More Chip Manufacturing = More Forever Chemicals
There is a reason that these chemicals are called “forever”; they find their way in to drinking water streams, compounding this already complex problem and require meaningful investment in treatment facilities to tackle these compounds in water sources.
So what is the solution to a more water-efficient ecosystem?
Investment in better, more effective, monitoring of leakages and contaminants: Globally, we need solutions that can monitor and detect water leaks and water contamination. While informing the public is necessary, insisting on methods to better and more frequently monitor for future contamination, is necessary to ensure available drinking water is safe to be used. PFAS is a poorly regulated space in most countries in the world. Water leaks is another big issue to tackle. According to Water Intelligence, globally, about 12 billion gallons is lost in leakage; a leaking toilet when left to leak for an entire 30-day period, will lose about 91,000 gallons of water.

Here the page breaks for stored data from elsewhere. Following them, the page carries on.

-- ===== src/Policy/Model.antt =====
-- internal/policy/model.go: the rules a parent sets, and the flattened policy of a device.
pub mod Caps
use safe_play_guardian.Prelude.{
  ℕ, ℤ, ltb, is_positive, String, Bool, false, true, ◌||◌, Option, none, some, List, [], ◌∷◌, ◌++◌,
  length, any, if◌then◌else◌,
}
use safe_play_guardian.Device.Model.{
  Capability, cap_schedule_block, cap_time_budget, cap_domain_block, cap_app_block,
}

-- A named string type: any text may come from JSON.
abbrev pub MonitoringLevel : Type 0
MonitoringLevel = String

abbrev pub monitoring_enforcement_only : MonitoringLevel
monitoring_enforcement_only = "enforcement_only"

abbrev pub monitoring_metadata : MonitoringLevel
monitoring_metadata = "metadata"

abbrev pub monitoring_granular : MonitoringLevel
monitoring_granular = "granular"

-- time.Weekday
pub data Weekday : Type 0 where
  sunday monday tuesday wednesday thursday friday saturday : Weekday

-- int(w)
abbrev pub weekday_index : Weekday → ℕ
weekday_index sunday = 0
weekday_index monday = 1
weekday_index tuesday = 2
weekday_index wednesday = 3
weekday_index thursday = 4
weekday_index friday = 5
weekday_index saturday = 6

-- The array of seven minutes is a function of its index.
pub record TimeBudget : Type 0 where
  pub minutes_by_weekday : Weekday → ℤ

pub record ScheduleBlock : Type 0 where
  pub kind : String
  pub weekdays : List ℤ
  pub start : String
  pub end : String

pub record Schedule : Type 0 where
  pub blocks : List ScheduleBlock

-- A slice that may be nil is an `Option`.
pub record Content : Type 0 where
  pub blocked_domains : Option (List String)
  pub blocked_apps : Option (List String)
  pub blocked_categories : Option (List String)

pub record Policy : Type 0 where
  pub timezone : String
  pub time_budget : Option TimeBudget
  pub schedule : Option Schedule
  pub content : Option Content
  pub monitoring : Option MonitoringLevel

pub record Override : Type 0 where
  pub timezone : Option String
  pub time_budget : Option TimeBudget
  pub schedule : Option Schedule
  pub content : Option Content
  pub monitoring : Option MonitoringLevel

-- `at` is a time in nanoseconds since Go's zero time.
pub record ResolvedPolicy : Type 0 where
  pub device_id : String
  pub at : ℕ
  pub person_id : Option String
  pub screen_locked : Bool
  pub lock_reason : String
  pub blocked_domains : List String
  pub blocked_apps : List String
  pub blocked_categories : List String
  pub log_level : MonitoringLevel
  pub time_budget_minutes : ℤ
  pub time_budget_used_mins : ℕ
  pub required_caps : List Capability

-- len of a slice that may be nil is positive
abbrev pub has_items {ℓ} : {A : Type ℓ} → Option (List A) → Bool
has_items none = false
has_items (some []) = false
has_items (some (_ ∷ _)) = true

abbrev pub weekdays : List Weekday
weekdays = sunday ∷ monday ∷ tuesday ∷ wednesday ∷ thursday ∷ friday ∷ saturday ∷ []

-- The loop over the seven minutes, which breaks at the first positive one.
abbrev pub any_minutes : TimeBudget → Bool
any_minutes b = any (λ day. is_positive (b.minutes_by_weekday day)) weekdays

abbrev pub schedule_caps : Option Schedule → List Capability
schedule_caps none = []
schedule_caps (some s) = if ltb 0 (length s.blocks) then cap_schedule_block ∷ [] else []

abbrev pub budget_caps : Option TimeBudget → List Capability
budget_caps none = []
budget_caps (some b) = if any_minutes b then cap_time_budget ∷ [] else []

abbrev pub content_caps : Option Content → List Capability
content_caps none = []
content_caps (some c) =
    (if has_items c.blocked_domains then cap_domain_block ∷ [] else [])
    ++ (if has_items c.blocked_apps then cap_app_block ∷ [] else [])

-- RequiredCaps; the nil slice and the empty one are the same list.
unfoldable pub required_caps : Option Policy → List Capability
required_caps none = []
required_caps (some p) =
    schedule_caps p.schedule ++ (budget_caps p.time_budget ++ content_caps p.content)
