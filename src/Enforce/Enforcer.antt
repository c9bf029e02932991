-- ===== src/Enforce/Enforcer.antt =====
-- internal/enforce/enforcer.go: the interface of a backend, and what it promises.
use safe_play_guardian.Prelude.{ℕ, String, Bool, List, map, ◌≡◌}
use safe_play_guardian.Device.Model.{Capability, Device}
use safe_play_guardian.Policy.Model.{ResolvedPolicy}

abbrev pub RuleResult : Type 0
RuleResult = String

abbrev pub rule_applied : RuleResult
rule_applied = "applied"

abbrev pub rule_failed : RuleResult
rule_failed = "failed"

abbrev pub rule_unenforceable : RuleResult
rule_unenforceable = "unenforceable"

pub record Slice : Type 0 where
  pub policy : ResolvedPolicy
  pub caps : List Capability

pub record PerRule : Type 0 where
  pub capability : Capability
  pub outcome : RuleResult
  pub error : String
  pub note : String

pub record RuleOutcome : Type 0 where
  pub capability : Capability
  pub backend : String
  pub outcome : RuleResult
  pub error : String
  pub note : String

pub record CoordinatorResult : Type 0 where
  pub device_id : String
  pub at : ℕ
  pub rules : List RuleOutcome

-- One backend over a state S. Of a Result only its rules are read; Revoke is called by nobody.
pub record Enforcer (S : Type 0) : Type 0 where
  pub name : String
  pub capabilities : Capability → Bool
  pub can_handle : Device → Bool
  pub apply : String → Slice → S → List PerRule × S

-- "Every call returns a PerRule for every cap in slice.Caps."
abbrev pub Answers : {S : Type 0} → Enforcer S → Type 0
Answers {S} b =
    (id : String) (slice : Slice) (s : S)
    → map (λ (r : PerRule). r.capability) (b.apply id slice s).0 ≡ slice.caps
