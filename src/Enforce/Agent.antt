-- ===== src/Enforce/Agent.antt =====
-- internal/enforce/agent/agent.go: the backend that queues a slice for the next check-in.
pub mod Queue
use safe_play_guardian.Prelude.{
  String, Bool, false, not, ◌||◌, ◌==◌, string_eq, Option, none, some, List, [], ◌∷◌, map,
  if◌then◌else◌,
}
use safe_play_guardian.Device.Model.{
  Capability, Device, cap_screen_lock, cap_time_budget, cap_app_block, cap_domain_block,
  cap_schedule_block,
}
use safe_play_guardian.Enforce.Enforcer.{Slice, PerRule, rule_applied, Enforcer}

-- The map from a device to its queued slice: the newest entry of a key counts.
abbrev pub Pending : Type 0
Pending = List (String × Slice)

unfoldable pub load : String → Pending → Option Slice
load id [] = none
load id ((k, v) ∷ m) = if k == id then some v else load id m

unfoldable pub delete : String → Pending → Pending
delete id [] = []
delete id ((k, v) ∷ m) = if k == id then delete id m else (k, v) ∷ delete id m

-- sync.Map.Store
unfoldable pub store : String → Slice → Pending → Pending
unfolding delete
store id slice m = (id, slice) ∷ delete id m

unfoldable pub capabilities : Capability → Bool
capabilities c =
    c == cap_screen_lock
    || c == cap_time_budget
    || c == cap_app_block
    || c == cap_domain_block
    || c == cap_schedule_block

unfoldable pub can_handle : Device → Bool
can_handle d = elim d.agent_token [ none ↦ false | some t ↦ not (t == "") ]

abbrev pub queued : Capability → PerRule
queued c = record {
  capability = c;
  outcome = rule_applied;
  error = "";
  note = "queued for agent pickup";
}

-- Apply
unfoldable pub apply : String → Slice → Pending → List PerRule × Pending
unfolding store
apply device_id slice pending = (map queued slice.caps, store device_id slice pending)

-- Revoke
unfoldable pub revoke : String → Pending → Pending
unfolding delete
revoke device_id pending = delete device_id pending

-- PullPending
unfoldable pub pull_pending : String → Pending → Option Slice × Pending
unfolding load delete
pull_pending device_id pending = (load device_id pending, delete device_id pending)

-- The backend as an Enforcer.
unfoldable pub backend : Enforcer Pending
unfolding capabilities can_handle apply
backend = record {
  name = "agent";
  capabilities = capabilities;
  can_handle = can_handle;
  apply = apply;
}
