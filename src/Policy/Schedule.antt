-- ===== src/Policy/Schedule.antt =====
-- The schedule of internal/policy/resolver.go: evalSchedule, parseHM and intsContain.
pub mod Clock
pub mod Windows
pub mod Locking
mod Tests
use safe_play_guardian.Prelude.{
  ℕ, ◌+◌, ◌*◌, ◌%◌, ℤ, pos, negsuc, ltb, leb, ◌==◌, nat_eq, int_eq, string_eq, String, Bool, true,
  false, ◌&&◌, ◌||◌, Option, none, some, List, [], ◌∷◌, if◌then◌else◌, split_once, atoi, any, ◌≡◌,
  refl,
}
use safe_play_guardian.Policy.Model.{Weekday, weekday_index, ScheduleBlock, Schedule, saturday}

-- A time of day in a time zone, as Go's Weekday, Hour and Minute read it.
pub record LocalTime : Type 0 where
  pub weekday : Weekday
  pub hour : ℕ
  pub minute : ℕ

-- The result of Atoi, if it lies in 0..limit.
abbrev pub in_range : ℕ → Option ℤ → Option ℕ
in_range limit none = none
in_range limit (some (pos n)) = if leb n limit then some n else none
in_range limit (some (negsuc _)) = none

abbrev pub hour_minute : Option ℕ → Option ℕ → Option ℕ
hour_minute none m = none
hour_minute (some h) none = none
hour_minute (some h) (some m) = some (h * 60 + m)

abbrev pub parse_parts : Option (String × String) → Option ℕ
parse_parts none = none
parse_parts (some (h, m)) = hour_minute (in_range 23 (atoi h)) (in_range 59 (atoi m))

-- parseHM: `none` stands for (0, false).
unfoldable pub parse_hm : String → Option ℕ
parse_hm s = parse_parts (split_once b':' s)

pub ints_contain : List ℤ → ℤ → Bool
ints_contain [] x = false
ints_contain (v ∷ xs) x = v == x || ints_contain xs x

pub is_locking_kind : String → Bool
is_locking_kind kind = kind == "blocked" || kind == "bedtime"

-- The two windows of a block: inside one day, or past midnight.
pub window : List ℤ → ℕ → ℕ → ℕ → ℕ → ℕ → Bool
window weekdays wd prev_wd cur start end =
    if start == end
    then false
    else if ltb start end
    then ints_contain weekdays (pos wd) && leb start cur && ltb cur end
    else (ints_contain weekdays (pos wd) && leb start cur)
      || (ints_contain weekdays (pos prev_wd) && ltb cur end)

abbrev pub parsed_window : List ℤ → ℕ → ℕ → ℕ → Option ℕ → Option ℕ → Bool
parsed_window weekdays wd prev_wd cur (some start) (some end) =
    window weekdays wd prev_wd cur start end
parsed_window weekdays wd prev_wd cur (some start) none = false
parsed_window weekdays wd prev_wd cur none end = false

-- One round of the loop: does the block lock the screen?
pub block_locks : ℕ → ℕ → ScheduleBlock → Bool
block_locks wd cur b =
    is_locking_kind b.kind
    && parsed_window b.weekdays wd ((wd + 6) % 7) cur (parse_hm b.start) (parse_hm b.end)

-- evalSchedule: the pair of the lock and its reason.
unfoldable pub eval_schedule : Option Schedule → LocalTime → Bool × String
eval_schedule none at = (false, "")
eval_schedule (some s) at =
    if any (block_locks (weekday_index at.weekday) (at.hour * 60 + at.minute)) s.blocks
    then (true, "schedule")
    else (false, "")
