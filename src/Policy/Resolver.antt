-- ===== src/Policy/Resolver.antt =====
-- internal/policy/resolver.go: Merge and Resolve.
pub mod Verdict
pub mod Required
use safe_play_guardian.Prelude.{
  ℕ, Stamp, ◌/◌, ℤ, pos, is_positive, le_nat, ◌==◌, string_eq, String, Bool, true, false, ◌&&◌, not,
  Option, none, some, [], if◌then◌else◌,
}
use safe_play_guardian.Device.Model.{Device}
use safe_play_guardian.Policy.Model.{
  MonitoringLevel, monitoring_enforcement_only, TimeBudget, Content, Policy, Override,
  ResolvedPolicy, required_caps,
}
use safe_play_guardian.Policy.Schedule.{LocalTime, eval_schedule}

-- The errors that Resolve passes on: the registry's two, and those of the policy store.
pub data ResolveError : Type 0 where
  get_device : ResolveError
  device_not_found : ResolveError
  get_policy : ResolveError
  get_override : ResolveError

-- A value, or the error a call returned.
pub data Result {ℓ} (E : Type 0) (A : Type ℓ) : Type ℓ where
  ok : A → Result E A
  err : E → Result E A

-- Package time's zones, which the program loads by name: none is an unknown name.
pub record Zones : Type 1 where
  pub Location : Type 0
  pub utc : Location
  pub load_location : String → Option Location
  pub local_time : Location → ℕ → LocalTime
  pub start_of_day : Location → ℕ → Stamp

-- What Resolve calls: DeviceLookup, the two reads of the policy store, and UsageQuery, which may be
-- nil; the usage is in nanoseconds.
pub record Sources : Type 0 where
  pub get : String → Result ResolveError Device
  pub get_person_policy : String → Option (Option Policy)
  pub get_device_override : String → Option (Option Override)
  pub usage : Option (String → Stamp → Option ℕ)

abbrev pub or_else {ℓ} : {A : Type ℓ} → Option A → Option A → Option A
or_else (some a) o = some a
or_else none o = o

abbrev pub value_or {ℓ} : {A : Type ℓ} → Option A → A → A
value_or (some a) d = a
value_or none d = d

-- `var out Policy`
abbrev pub zero_policy : Policy
zero_policy = record {
  timezone = "";
  time_budget = none;
  schedule = none;
  content = none;
  monitoring = none;
}

unfoldable pub apply_override : Policy → Override → Policy
apply_override out o = record {
  timezone = value_or o.timezone out.timezone;
  time_budget = or_else o.time_budget out.time_budget;
  schedule = or_else o.schedule out.schedule;
  content = or_else o.content out.content;
  monitoring = or_else o.monitoring out.monitoring;
}

-- Merge: a nil pointer is `none`.
unfoldable pub merge : Option Policy → Option Override → Option Policy
merge none none = none
merge none (some o) = some (apply_override zero_policy o)
merge (some p) none = some p
merge (some p) (some o) = some (apply_override p o)

-- The result before any rule has spoken.
abbrev pub initial : String → ℕ → ResolvedPolicy
initial device_id at = record {
  device_id = device_id;
  at = at;
  person_id = none;
  screen_locked = false;
  lock_reason = "";
  blocked_domains = [];
  blocked_apps = [];
  blocked_categories = [];
  log_level = monitoring_enforcement_only;
  time_budget_minutes = pos 0;
  time_budget_used_mins = 0;
  required_caps = [];
}

abbrev pub apply_schedule : Bool × String → ResolvedPolicy → ResolvedPolicy
apply_schedule (true, reason) result = record result { screen_locked = true; lock_reason = reason }
apply_schedule (false, reason) result = result

-- int(used.Minutes()) of a duration in nanoseconds
abbrev pub minutes_of : ℕ → ℕ
minutes_of used = used / 60_000_000_000

-- The body under `allowed > 0`.
unfoldable pub spend_budget : ℤ → ℕ → ResolvedPolicy → ResolvedPolicy
spend_budget allowed used_mins result =
    if le_nat allowed used_mins && not result.screen_locked
    then record result {
      time_budget_minutes = allowed;
      time_budget_used_mins = used_mins;
      screen_locked = true;
      lock_reason = "time_budget_exceeded";
    }
    else record result { time_budget_minutes = allowed; time_budget_used_mins = used_mins }

unfoldable pub apply_budget : ℤ → ℕ → ResolvedPolicy → ResolvedPolicy
unfolding spend_budget
apply_budget allowed used_mins result =
    if is_positive allowed then spend_budget allowed used_mins result else result

unfoldable pub apply_content : Option Content → ResolvedPolicy → ResolvedPolicy
apply_content none result = result
apply_content (some c) result = record result {
  blocked_domains = value_or c.blocked_domains result.blocked_domains;
  blocked_apps = value_or c.blocked_apps result.blocked_apps;
  blocked_categories = value_or c.blocked_categories result.blocked_categories;
}

unfoldable pub apply_monitoring : Option MonitoringLevel → ResolvedPolicy → ResolvedPolicy
apply_monitoring none result = result
apply_monitoring (some level) result = record result { log_level = level }

module _ (z : Zones) (r : Sources) where
  open z use {Location, utc, load_location, local_time, start_of_day}

  -- The location of a policy: UTC unless its time zone is set and known.
  pub location : String → Location
  location timezone = if timezone == "" then utc else value_or (load_location timezone) utc

  abbrev used_by : Option (String → Stamp → Option ℕ) → String → Stamp → ℕ
  used_by none device_id start = 0
  used_by (some u) device_id start = value_or (u device_id start) 0

  -- The minutes used since the start of the local day; an error counts as no use.
  pub used_minutes : String → Location → ℕ → ℕ
  used_minutes device_id loc at = minutes_of (used_by r.usage device_id (start_of_day loc at))

  unfoldable pub budget_rule :
      Option TimeBudget → String → Location → ℕ → ResolvedPolicy → ResolvedPolicy
  unfolding apply_budget used_minutes
  budget_rule none device_id loc at result = result
  budget_rule (some b) device_id loc at result =
      apply_budget (b.minutes_by_weekday (local_time loc at).weekday)
        (used_minutes device_id loc at) result

  -- All rules of a merged policy, in the order of the source.
  unfoldable pub apply_rules : Policy → String → ℕ → ResolvedPolicy → ResolvedPolicy
  unfolding budget_rule apply_content apply_monitoring
  apply_rules merged device_id at result =
      let loc = location merged.timezone in
      let capped = record result { required_caps = required_caps (some merged) } in
      let scheduled = apply_schedule (eval_schedule merged.schedule (local_time loc at)) capped in
      let budgeted = budget_rule merged.time_budget device_id loc at scheduled in
      apply_monitoring merged.monitoring (apply_content merged.content budgeted)

  resolve_merged : Option Policy → String → ℕ → ResolvedPolicy → ResolvedPolicy
  unfolding apply_rules
  resolve_merged none device_id at result = result
  resolve_merged (some merged) device_id at result = apply_rules merged device_id at result

  -- After the device and its person are known.
  resolve_person : String → String → ℕ → ResolvedPolicy → Result ResolveError ResolvedPolicy
  unfolding resolve_merged merge
  resolve_person person device_id at result = elim (r.get_person_policy person) [
    | none ↦ err get_policy
    | some p ↦ elim (r.get_device_override device_id) [
      | none ↦ err get_override
      | some o ↦ ok (resolve_merged (merge p o) device_id at result)
    ]
  ]

  resolve_device : Device → String → ℕ → Result ResolveError ResolvedPolicy
  unfolding resolve_person
  resolve_device dev device_id at = elim dev.person_id [
    | none ↦ ok (initial device_id at)
    | some person ↦
        resolve_person person device_id at
          (record (initial device_id at) { person_id = some person })
  ]

  -- Resolve; the partial result beside an error is not used by any caller.
  unfoldable pub resolve : String → ℕ → Result ResolveError ResolvedPolicy
  unfolding resolve_device
  resolve device_id at = elim (r.get device_id) [
    | err e ↦ err e
    | ok dev ↦ resolve_device dev device_id at
  ]
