-- ===== src/Enforce/Coordinator.antt =====
-- internal/enforce/coordinator.go: which backend applies which capability.
pub mod Splitting
pub mod Coverage
pub mod Keeps
use Prim.Native.String
use safe_play_guardian.Prelude.{
  ℕ, Ordering, String, Bool, true, false, not, ◌==◌, string_eq, Option, none, some, List, [], ◌∷◌,
  ◌++◌, map, if◌then◌else◌,
}
use safe_play_guardian.Device.Model.{Capability, Device}
use safe_play_guardian.Policy.Model.{ResolvedPolicy}
use safe_play_guardian.Policy.Resolver.{Zones, Sources, Result, ok, err, ResolveError, resolve}
use safe_play_guardian.Enforce.Enforcer.{
  Slice, PerRule, RuleOutcome, CoordinatorResult, Enforcer, rule_unenforceable,
}

abbrev pub cap_lt : Capability → Capability → Bool
cap_lt a b = elim (String.compare a b) [ Ordering.lt ↦ true | _ ↦ false ]

unfoldable pub insert_cap : Capability → List Capability → List Capability
insert_cap c [] = c ∷ []
insert_cap c (d ∷ ds) = if cap_lt d c then d ∷ insert_cap c ds else c ∷ d ∷ ds

-- sortCaps; texts that do not differ in the order are equal, so the result is the one of any sort.
unfoldable pub sort_caps : List Capability → List Capability
unfolding insert_cap
sort_caps [] = []
sort_caps (c ∷ cs) = insert_cap c (sort_caps cs)

-- The map from names to capabilities; its keys stand in the order of backendOrder.
abbrev pub Assignments : Type 0
Assignments = List (String × List Capability)

unfoldable pub assign : String → Capability → Assignments → Assignments
assign name cap [] = (name, cap ∷ []) ∷ []
assign name cap ((k, caps) ∷ rest) =
    if k == name then (k, caps ++ cap ∷ []) ∷ rest else (k, caps) ∷ assign name cap rest

abbrev pub no_backend : String
no_backend = "no registered backend can apply this capability to this device"

abbrev pub unenforceable : Capability → RuleOutcome
unenforceable cap = record {
  capability = cap;
  backend = "";
  outcome = rule_unenforceable;
  error = "";
  note = no_backend;
}

abbrev pub outcome_of : String → PerRule → RuleOutcome
outcome_of name r = record {
  capability = r.capability;
  backend = name;
  outcome = r.outcome;
  error = r.error;
  note = r.note;
}

-- OnRule, which may be nil.
abbrev pub Hook : Type 0 → Type 0
Hook S = Option (String → RuleOutcome → S → S)

module _ {S : Type 0} where
  -- pick: the first backend that offers the capability and can handle the device.
  unfoldable pub pick : List (Enforcer S) → Capability → Device → Option (Enforcer S)
  pick [] cap dev = none
  pick (b ∷ bs) cap dev =
      if not (b.capabilities cap)
      then pick bs cap dev
      else if not (b.can_handle dev)
      then pick bs cap dev
      else some b

  -- byName: a later backend of the same name replaces an earlier one.
  unfoldable pub by_name : List (Enforcer S) → String → Option (Enforcer S)
  by_name [] name = none
  by_name (b ∷ bs) name = elim (by_name bs name) [
    | some later ↦ some later
    | none ↦ if b.name == name then some b else none
  ]

  -- One capability goes to the slice of its backend, or to those that no backend can apply.
  unfoldable pub place :
      Option (Enforcer S)
      → Capability
      → Assignments × List Capability
      → Assignments × List Capability
  place none c (given, unsatisfied) = (given, unsatisfied ++ c ∷ [])
  place (some b) c (given, unsatisfied) = (assign b.name c given, unsatisfied)

  -- The loop over the needed capabilities.
  unfoldable pub split_caps :
      List (Enforcer S)
      → Device
      → List Capability
      → Assignments × List Capability
      → Assignments × List Capability
  unfolding place
  split_caps bs dev [] acc = acc
  split_caps bs dev (c ∷ cs) acc = split_caps bs dev cs (place (pick bs c dev) c acc)

  abbrev pub call : Hook S → String → RuleOutcome → S → S
  call none id ro s = s
  call (some h) id ro s = h id ro s

  -- Appending outcomes to the result, with a call of the hook for each.
  unfoldable pub report :
      Hook S → String → List RuleOutcome → List RuleOutcome × S → List RuleOutcome × S
  report hook id [] acc = acc
  report hook id (ro ∷ ros) (rules, s) = report hook id ros (rules ++ ro ∷ [], call hook id ro s)

  -- One backend's slice; a name that is not there would be a nil call, and is never assigned.
  unfoldable pub dispatch_one :
      List (Enforcer S)
      → Hook S
      → String
      → ResolvedPolicy
      → String × List Capability
      → List RuleOutcome × S
      → List RuleOutcome × S
  unfolding report
  dispatch_one bs hook id resolved (name, caps) (rules, s) = elim (by_name bs name) [
    | none ↦ (rules, s)
    | some b ↦
        let (per_rule, s') = b.apply id (record { policy = resolved; caps = caps }) s in
        report hook id (map (outcome_of b.name) per_rule) (rules, s')
  ]

  unfoldable pub dispatch :
      List (Enforcer S)
      → Hook S
      → String
      → ResolvedPolicy
      → Assignments
      → List RuleOutcome × S
      → List RuleOutcome × S
  unfolding dispatch_one
  dispatch bs hook id resolved [] acc = acc
  dispatch bs hook id resolved (slice ∷ slices) acc =
      dispatch bs hook id resolved slices (dispatch_one bs hook id resolved slice acc)

  -- The body of Enforce once the device and its policy are known; the sort is in place, so the
  -- policy that the backends see has its capabilities sorted too.
  unfoldable pub enforce_resolved :
      List (Enforcer S) → Hook S → String → Device → ResolvedPolicy → S → List RuleOutcome × S
  unfolding sort_caps split_caps dispatch report
  enforce_resolved bs hook id dev resolved s =
      let needed = sort_caps resolved.required_caps in
      let (given, unsatisfied) = split_caps bs dev needed ([], []) in
      report hook id (map unenforceable unsatisfied)
        (dispatch bs hook id (record resolved { required_caps = needed }) given ([], s))

  abbrev enforced : String → ℕ → List RuleOutcome × S → Result ResolveError CoordinatorResult × S
  enforced id at (rules, s) = (ok (record { device_id = id; at = at; rules = rules }), s)

  -- Enforce
  unfoldable pub enforce :
      (z : Zones) (r : Sources)
      → List (Enforcer S)
      → Hook S
      → String
      → ℕ
      → S
      → Result ResolveError CoordinatorResult × S
  unfolding enforce_resolved
  enforce z r bs hook id at s = elim (r.get id) [
    | err e ↦ (err e, s)
    | ok dev ↦ elim (resolve z r id at) [
      | err e ↦ (err e, s)
      | ok resolved ↦ enforced id at (enforce_resolved bs hook id dev resolved s)
    ]
  ]
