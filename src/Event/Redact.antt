-- ===== src/Event/Redact.antt =====
-- internal/event/log.go: Redact, which strips an event before it is written.
pub mod Privacy
use safe_play_guardian.Prelude.{
  String, Bool, true, false, not, ◌||◌, ◌==◌, string_eq, Option, none, some, List, [], ◌∷◌,
  if◌then◌else◌,
}
use safe_play_guardian.Policy.Model.{
  MonitoringLevel, monitoring_enforcement_only, monitoring_metadata,
}
use safe_play_guardian.Event.Model.{Attrs, Event, kind_block}

-- m[key]
unfoldable pub attr : String → Attrs → Option String
attr key [] = none
attr key ((k, v) ∷ m) = if k == key then some v else attr key m

-- delete(m, key)
unfoldable pub delete_attr : String → Attrs → Attrs
delete_attr key [] = []
delete_attr key ((k, v) ∷ m) = if k == key then delete_attr key m else (k, v) ∷ delete_attr key m

-- Reading the nil map finds nothing.
abbrev pub attrs_of : Option Attrs → Attrs
attrs_of none = []
attrs_of (some m) = m

abbrev pub only_capability : Option String → Attrs
only_capability none = []
only_capability (some c) = ("capability", c) ∷ []

-- The three deletions; deleting from the nil map leaves it nil.
abbrev pub without_details : Option Attrs → Option Attrs
without_details none = none
without_details (some m) = some (delete_attr "host" (delete_attr "url" (delete_attr "value" m)))

-- The switch on the level; a level that is none of the two strips nothing.
unfoldable pub redact_attrs : MonitoringLevel → Option Attrs → Option Attrs
unfolding attr delete_attr
redact_attrs level m =
    if level == monitoring_enforcement_only
    then some (only_capability (attr "capability" (attrs_of m)))
    else if level == monitoring_metadata
    then without_details m
    else m

-- Redact
unfoldable pub redact : Event → MonitoringLevel → Event
unfolding redact_attrs
redact ev level =
    if not (ev.kind == kind_block) then ev else record ev { attrs = redact_attrs level ev.attrs }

Invest in more efficient rain water harvest and storage: There’s strikingly little mainstream discussion on this topic. There continues to be a lack of nationally mandated policies and agendas to scale rainwater harvesting. That said, water consumption takes center stage for most of the large global corporates; no water means no decarbonization efforts. Apple and Toyota for example have built rainwater harvesting systems on their campuses. With growing investment in data centers, leading corporations have committed to becoming “water positive”. Microsoft has pledged to replenish more water than it consumes by 2030. Similarly companies including Facebook, Google, 3M, Intel, the REC Group and many more have committed to replenishing more than they use by 2030.
Investment in waste water and contaminated water treatment: Converting municipal and industrial waste water in to usable and drinking water is an emerging area of innovation that is attracting investment around the world. Companies such as Indra Water are developing modular and scalable solutions to treat industrial and sewage water and convert to usable & drinking water. The Tampa Water Department in Florida is exploring a suspended ion exchange technology as a way to address PFAS contaminated water and meet EPA guidelines.
As climate technologies vie for access to water, they come into direct competition with human communities and industries that depend on this vital resource for drinking, agriculture, industry, and sanitation. In regions already facing water stress and scarcity, such competition can exacerbate tensions and lead to conflicts over water allocation and management. Furthermore, marginalized communities, indigenous peoples, and small-scale farmers often bear the brunt of water shortages, exacerbating social inequalities and environmental injustices.